Columbia Gas files under Chapter 11, sending its debt on a roller-coaster ride.

Columbia Gas Systems Inc., after weeks of haggling with lenders, made good on its threat of bankruptcy yesterday, whispsawing the utility's junk bonds.

The Delaware-based gas utility said it was unable to re-establish a $1.2 billion credit line with its bank group, led by Morgan Guaranty Trust Co., after defaulting on $873.5 million of commercial paper and short-term note payments.

Columbia, a leading supplier of natural gas to utilities in the Northeast, stunned Wall Street in June with news that it faced as much as $1 billion of losses on take-or-pay contracts with its natural gas suppliers.

The bankruptcy filing, regarded by some Wall Streeters as a negotiating ploy to help settle the disputed gas purchase contracts, sent Columbia's junk bonds on a roller-coaster ride and prompted steep downgrades from major bond raters.

Columbia Gas's 10.50% debentures of 2012 initially plunged seven points on the news, to 73, only to rebound more than five points, to 78 1/2. Traders said few of the bonds, which are trading flat, or without accrued interest, actually changed hands. But bonds often to rise immediately after a company files for bankruptcy as investors jockey to pick up the securities at bargain prices.

Fitch Investors Service, Moody's Investors Service, and Standard & Poor's Corp. all sharply downgraded Columbia's debt on the news.

Standard & Poor's cut Columbia 11 notches, to D from BB, affecting about $2.2 billion of outstanding debt. Moody's, meanwhile, cut Columbia's senior debt to Caa from B1, while Fitch dropped Columbia to DDD from BB.

Ralph Peelecchia, who follows Columbia for Fitch, said the Chapter 11 filing was not unexpected.

"We anticipated the negotiations would be difficult," Mr. Pellecchia said. But "we have a DDD rating on the bonds, representing the highest potential for recovery" in the default category. Fitch rates defaulted bonds from DDD, representing the highest possibility for recovery, to D, representing the lowest.

Before the Columbia announced the $1 billion liability on its take-or-pay contracts on June 20, all of the major agencies rated the credit investment-grade.

All three said yesterday's filing will likely ease the way for debtor-in-possession financing and further negotiations with Columbia's gas suppliers.

Columbia has offered about $600 million to settle the more than $1 billion worth of contracts for gas at prices above the spot market. The contracts are signed with Columbia Gas's pipeline subsidiary, Columbia Gas Transmission Co.

Columbia Gas Systems Chairman John Croom yesterday said the filing may give the company more leverage in negotiations with bank lenders and gas suppliers. But he insisted that that was not Columbia's purpose for filing under Chapter 11.

Richard S. Barnett, industrial analyst at Mabon Securities, agreed the filing was not a great surprise, but conceded that until Tuesday he had given Columbia a fifty-fifty chance.

"The question was whether they could renegotiate their bank loans," Mr. Barnett said. "Apparently they haven't been able to."

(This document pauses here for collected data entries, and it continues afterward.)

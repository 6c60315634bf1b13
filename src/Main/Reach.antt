-- ===== src/Main/Reach.antt =====
-- The firmware after its setup as a state machine: what its two tasks do, one call at a time and in
-- any order, over the state of the parts. What a web request does to the controller is taken to be
-- any command of it; the requests themselves are in the module Web.
use Prim.Native.String.{String}
use evse_sync_charge.Base.{ℕ, ◌≡◌, refl, ℤ, Bool, true, false, none, some, [], ◌∷◌, arith}
use evse_sync_charge.Float.{Float}
use evse_sync_charge.Types.{ChargingSettings, charging}
use evse_sync_charge.Charge
use evse_sync_charge.Charge.Control.{set_safety_lockout}
use evse_sync_charge.Charge.Pass.{loop-IsSafe}
use evse_sync_charge.Charge.{Evse, asks_power}
use evse_sync_charge.Charge.Loop.{LoopReadings}
use evse_sync_charge.Charge.Control.{StartReadings}
use evse_sync_charge.Charge.Session.{IsSafe, start-IsSafe, stop-IsSafe}
use evse_sync_charge.Charge.Run.{Command, stop, pilot_stop, exec, run, constructed, run-IsSafe}
use evse_sync_charge.Boot
use evse_sync_charge.Rfid.{Rfid}
use evse_sync_charge.Rfid.Scan
use evse_sync_charge.Rfid.Scan.{ScanReadings, Report}
use evse_sync_charge.Ocpp.{Ocpp}
use evse_sync_charge.Ocpp.Handler
use evse_sync_charge.Ocpp.Handler.{HandlerReadings, Event, ws_event}
use evse_sync_charge.Ocpp.Server
use evse_sync_charge.Ocpp.Server.{ws_event-run}
use evse_sync_charge.Mqtt.{Mqtt, Connection}
use evse_sync_charge.Mqtt.Command.{Topic, CallbackReadings, mqtt_callback}
use evse_sync_charge.Mqtt.Report
use evse_sync_charge.Mqtt.Failsafe
use evse_sync_charge.Mqtt.Failsafe.{callback-run}
use evse_sync_charge.Main.{
  Feedback, Init, init_hardware, test_rcm, evse_loop_task, on_card_scanned, mqtt_failsafe,
  feed_ocpp, on_ota_start,
}

pub record Firmware (F : Type 0) : Type 0 where
  pub evse : Evse F
  pub mqtt : Mqtt F
  pub ocpp : Ocpp F
  pub rfid : Rfid
  pub feedback : Feedback
  pub register : ℕ
  pub mqtt_seen : ℕ
  pub ocpp_updated : ℕ
  pub ota_updating : Bool

-- The calls, with what each takes from outside.
pub data Input (F : Type 0) : Type 0 where
  task : LoopReadings → Input F
  boot_loop : ℕ → Input F
  scan : ScanReadings → StartReadings → ℕ → Input F
  mqtt_message : CallbackReadings → Topic → String → Input F
  mqtt_loop : Connection → Input F
  ocpp_event : HandlerReadings → Event F → Input F
  ocpp_loop : ℕ → ℕ → Input F
  failsafe : Bool → ℕ → Input F
  feed : Bool → ℕ → ℕ → Input F
  ota_start : Input F
  web : Command F → Input F

module _ (lower upper : String → String) (text_of : ℕ → String) {F : Type 0} ⦃fl : Float F⦄
    (to_float : String → F) (to_int : String → ℤ) where
  -- The card reader's loop with the callback that the setup registers.
  unfoldable pub scan_card : ScanReadings → StartReadings → ℕ → Firmware F → Firmware F
  unfolding on_card_scanned
  scan_card r t now f =
      let (rfid', report) = Scan.loop upper r f.rfid in
      elim report [
        | none ↦ record f { rfid = rfid' }
        | some (uid, authorized) ↦
            (let (feedback', evse') = on_card_scanned authorized t now (f.feedback, f.evse) in
              record f { rfid = rfid'; feedback = feedback'; evse = evse' })
      ]

  unfoldable pub handle : Input F → Firmware F → Firmware F
  unfolding scan_card
  handle (task t) f = elim (evse_loop_task f.ota_updating t f.evse) [
    | none ↦ f
    | some (evse', delay) ↦ record f { evse = evse' }
  ]
  handle (boot_loop now) f = record f { register = Boot.loop now f.register }
  handle (scan r t now) f = scan_card r t now f
  handle (mqtt_message t topic msg) f =
      let (mqtt', evse') = mqtt_callback lower to_float to_int t topic msg (f.mqtt, f.evse) in
      record f { mqtt = mqtt'; evse = evse' }
  handle (mqtt_loop c) f = record f { mqtt = Report.loop c f.evse f.mqtt }
  handle (ocpp_event t e) f =
      let (ocpp', evse') = ws_event text_of t e (f.ocpp, f.evse) in
      record f { ocpp = ocpp'; evse = evse' }
  handle (ocpp_loop now stamped) f = record f { ocpp = Handler.loop text_of now stamped f.ocpp }
  handle (failsafe mqtt_enabled now) f =
      let (enabled, timeout) = f.mqtt.config_failsafe in
      let (seen, evse') =
        mqtt_failsafe mqtt_enabled f.mqtt.connected enabled timeout now (f.mqtt_seen, f.evse) in
      record f { mqtt_seen = seen; evse = evse' }
  handle (feed enabled now stamped) f =
      let (updated, ocpp') = feed_ocpp enabled now stamped f.evse (f.ocpp_updated, f.ocpp) in
      record f { ocpp_updated = updated; ocpp = ocpp' }
  handle ota_start f = record f { evse = on_ota_start f.evse; ota_updating = true }
  handle (web c) f = record f { evse = exec c f.evse }

  -- The states after the initialisation of a constructed controller, and after any calls.
  pub data IsReachable : Firmware F → Type 0 where
    initialised :
        (defaults : ChargingSettings F) (allocated : Bool) (i : Init F) (f : Firmware F)
        → f.evse ≡ init_hardware i (constructed defaults allocated)
        → IsReachable f
    called : (n : Input F) (f : Firmware F) → IsReachable f → IsReachable (handle n f)

  task-IsSafe :
      (t : LoopReadings) (f : Firmware F) → IsSafe f.evse → IsSafe (handle (task t) f).evse
  unfolding handle evse_loop_task
  task-IsSafe t f v = ground (arith, loop-IsSafe t f.evse v)

  scan-IsSafe :
      (r : ScanReadings) (t : StartReadings) (now : ℕ) (f : Firmware F)
      → IsSafe f.evse
      → IsSafe (scan_card r t now f).evse
  unfolding scan_card on_card_scanned
  scan-IsSafe r t now f v = ground (arith, start-IsSafe t f.evse v, stop-IsSafe f.evse v.0)

  failsafe-IsSafe :
      (mqtt_enabled : Bool) (now : ℕ) (f : Firmware F)
      → IsSafe f.evse
      → IsSafe (handle (failsafe mqtt_enabled now) f).evse
  unfolding handle mqtt_failsafe
  failsafe-IsSafe mqtt_enabled now f v = ground (arith, stop-IsSafe f.evse v.0)

  handle-IsSafe : (n : Input F) (f : Firmware F) → IsSafe f.evse → IsSafe (handle n f).evse
  unfolding handle run exec on_ota_start
  handle-IsSafe (task t) f v = task-IsSafe t f v
  handle-IsSafe (boot_loop now) f v = v
  handle-IsSafe (scan r t now) f v = scan-IsSafe r t now f v
  handle-IsSafe (mqtt_message t topic msg) f v =
      rw (callback-run lower to_float to_int t topic msg f.mqtt f.evse)
        (run-IsSafe (Failsafe.commands lower to_float to_int t topic msg) f.evse v)
  handle-IsSafe (mqtt_loop c) f v = v
  handle-IsSafe (ocpp_event t e) f v =
      rw (ws_event-run text_of t e f.ocpp f.evse) (run-IsSafe (Server.commands t e) f.evse v)
  handle-IsSafe (ocpp_loop now stamped) f v = v
  handle-IsSafe (failsafe mqtt_enabled now) f v = failsafe-IsSafe mqtt_enabled now f v
  handle-IsSafe (feed enabled now stamped) f v = v
  handle-IsSafe ota_start f v = run-IsSafe (stop ∷ pilot_stop ∷ []) f.evse v
  handle-IsSafe (web c) f v = run-IsSafe (c ∷ []) f.evse v

  initialised-IsSafe :
      (defaults : ChargingSettings F) (allocated : Bool) (i : Init F)
      → IsSafe (init_hardware i (constructed defaults allocated))
  unfolding init_hardware test_rcm set_safety_lockout constructed Charge.setup
      Charge.set_rcm_enabled
  initialised-IsSafe defaults allocated i = ground arith

  reachable-IsSafe : (f : Firmware F) → IsReachable f → IsSafe f.evse
  reachable-IsSafe _ (initialised defaults allocated i f e) =
      rw e (initialised-IsSafe defaults allocated i)
  reachable-IsSafe _ (called n f r) = handle-IsSafe n f (reachable-IsSafe f r)

  -- In every state that the firmware reaches from its initialisation by passes of the controller's
  -- task, card scans, MQTT and OCPP messages, the failsafe, an OTA start and commands of the web pages,
  -- the contactor is asked to close only in a charging session with a vehicle in state C or D, no
  -- safety lockout and no current test.
  pub reachable-closed :
      (f : Firmware F)
      → IsReachable f
      → f.evse.relay.desired ≡ true
      → (f.evse.state ≡ charging)
        × (asks_power f.evse.vehicle_state ≡ true)
        × (f.evse.error_lockout ≡ false)
        × (f.evse.current_test ≡ false)
  reachable-closed f r h =
      let v = reachable-IsSafe f r in
      let (c, e) = v.0.closed_charging h in (c, v.1 h, v.0.charging_unlocked refl c, e)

Mr. Barnett said he expects the bankruptcy to last at least one year and that the bonds are likely to continue to trade down as the Chapter 11 progresses.

"The bondholders will not be getting coupons, so if you're depending on them for cash flow, you've got a problem," he said.

Most investment-grade corporate bonds advanced 1/8 point in light trading yesterday, while junk issues finished little changed.

Among the modest $300 million slate of new corporate and agency issues. American General Finance Corp., a unit of American General Corp., offered $100 million of four-year notes.

Working through a team led by Merrill Lynch Capital Markets, the company offered the noncallable securities as 8.10s to yield 72 basis points more than the interpolated three- and five-year Treasuries.

Standard & Poor's rates the issue A-plus; Moody's ratesit A1.

The burgeoning asset-backed securities market, already reportedly raising eyebrows at the Securities Exchange Commission, is now apparently raising concern at the Federal Reserve, as well.

Franklin Dreyer, soon to be vice president of the Federal Reserve Bank of Chicago, told Congress yesterday the market's growing complexity "makes it potentially more difficult to determine where the risk is and who has it."

In testimony prepared for delivery to a House banking subcommittee, Mr. Dreyer said, "The complexity of risks in this securitization process, coupled with the increasing pace of innovation, could make it difficult for banking organizations to liquidate some types of securities.

"More, increasingly complex ... guarantee arrangements can make it more difficult to monitor the risks associated with this activity," he said, adding," Adverse risk selection can weaken the credit underpinnings of the securitization process."